*Task objective*
Please restate word for word, and with nothing added, the lines that run from the one holding "2 ≤ length s" to the end of the entries below.

*Exercise inputs*
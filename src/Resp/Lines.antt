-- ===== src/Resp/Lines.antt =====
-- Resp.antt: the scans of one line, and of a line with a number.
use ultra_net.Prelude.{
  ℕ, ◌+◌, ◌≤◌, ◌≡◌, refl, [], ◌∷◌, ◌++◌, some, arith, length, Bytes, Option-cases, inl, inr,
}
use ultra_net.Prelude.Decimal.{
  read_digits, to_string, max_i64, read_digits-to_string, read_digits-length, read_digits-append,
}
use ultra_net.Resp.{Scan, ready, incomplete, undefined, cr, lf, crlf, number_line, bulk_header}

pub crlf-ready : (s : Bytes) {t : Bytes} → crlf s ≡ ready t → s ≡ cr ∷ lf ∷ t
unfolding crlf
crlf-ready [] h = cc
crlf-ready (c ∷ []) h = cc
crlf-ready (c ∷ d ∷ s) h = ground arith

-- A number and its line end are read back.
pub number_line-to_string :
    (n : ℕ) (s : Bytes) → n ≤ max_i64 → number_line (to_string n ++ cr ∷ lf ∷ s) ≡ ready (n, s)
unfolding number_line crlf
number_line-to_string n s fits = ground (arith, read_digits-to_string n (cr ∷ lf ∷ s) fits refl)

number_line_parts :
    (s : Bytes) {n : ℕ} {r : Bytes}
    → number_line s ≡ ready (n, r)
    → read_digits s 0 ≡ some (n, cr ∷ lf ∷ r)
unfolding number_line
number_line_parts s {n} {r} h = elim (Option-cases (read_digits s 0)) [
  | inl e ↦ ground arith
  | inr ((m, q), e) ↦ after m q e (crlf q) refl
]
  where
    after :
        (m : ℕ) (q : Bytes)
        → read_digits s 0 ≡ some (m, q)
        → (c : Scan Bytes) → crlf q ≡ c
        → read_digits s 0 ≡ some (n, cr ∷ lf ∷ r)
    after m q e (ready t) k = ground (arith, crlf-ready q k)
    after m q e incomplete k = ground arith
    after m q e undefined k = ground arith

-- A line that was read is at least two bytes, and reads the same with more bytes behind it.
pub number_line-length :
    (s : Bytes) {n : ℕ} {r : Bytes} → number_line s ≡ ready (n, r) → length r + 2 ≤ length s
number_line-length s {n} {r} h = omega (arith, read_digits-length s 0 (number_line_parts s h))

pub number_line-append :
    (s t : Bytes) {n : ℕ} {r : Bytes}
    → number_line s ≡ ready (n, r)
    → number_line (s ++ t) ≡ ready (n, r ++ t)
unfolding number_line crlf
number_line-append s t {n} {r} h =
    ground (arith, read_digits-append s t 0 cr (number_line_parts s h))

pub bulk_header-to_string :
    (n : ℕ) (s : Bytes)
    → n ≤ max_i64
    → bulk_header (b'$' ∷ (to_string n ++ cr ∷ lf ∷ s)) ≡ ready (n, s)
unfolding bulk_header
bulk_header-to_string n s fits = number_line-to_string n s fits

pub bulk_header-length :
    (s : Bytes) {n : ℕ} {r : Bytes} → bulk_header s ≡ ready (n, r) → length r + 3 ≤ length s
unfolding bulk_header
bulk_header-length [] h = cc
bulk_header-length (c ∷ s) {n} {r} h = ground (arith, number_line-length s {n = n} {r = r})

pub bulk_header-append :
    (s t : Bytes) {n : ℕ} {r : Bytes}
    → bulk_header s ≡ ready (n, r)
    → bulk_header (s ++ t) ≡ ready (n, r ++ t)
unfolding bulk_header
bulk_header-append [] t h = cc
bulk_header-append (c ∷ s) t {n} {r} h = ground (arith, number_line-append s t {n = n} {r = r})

*Result below*
    (s : Bytes) {n : ℕ} {r : Bytes} → number_line s ≡ ready (n, r) → length r + 2 ≤ length s
number_line-length s {n} {r} h = omega (arith, read_digits-length s 0 (number_line_parts s h))

pub number_line-append :
    (s t : Bytes) {n : ℕ} {r : Bytes}
    → number_line s ≡ ready (n, r)
    → number_line (s ++ t) ≡ ready (n, r ++ t)
unfolding number_line crlf
number_line-append s t {n} {r} h =
    ground (arith, read_digits-append s t 0 cr (number_line_parts s h))

pub bulk_header-to_string :
    (n : ℕ) (s : Bytes)
    → n ≤ max_i64
    → bulk_header (b'$' ∷ (to_string n ++ cr ∷ lf ∷ s)) ≡ ready (n, s)
unfolding bulk_header
bulk_header-to_string n s fits = number_line-to_string n s fits

pub bulk_header-length :
    (s : Bytes) {n : ℕ} {r : Bytes} → bulk_header s ≡ ready (n, r) → length r + 3 ≤ length s
unfolding bulk_header
bulk_header-length [] h = cc
bulk_header-length (c ∷ s) {n} {r} h = ground (arith, number_line-length s {n = n} {r = r})

pub bulk_header-append :
    (s t : Bytes) {n : ℕ} {r : Bytes}
    → bulk_header s ≡ ready (n, r)
    → bulk_header (s ++ t) ≡ ready (n, r ++ t)
unfolding bulk_header
bulk_header-append [] t h = cc
bulk_header-append (c ∷ s) t {n} {r} h = ground (arith, number_line-append s t {n = n} {r = r})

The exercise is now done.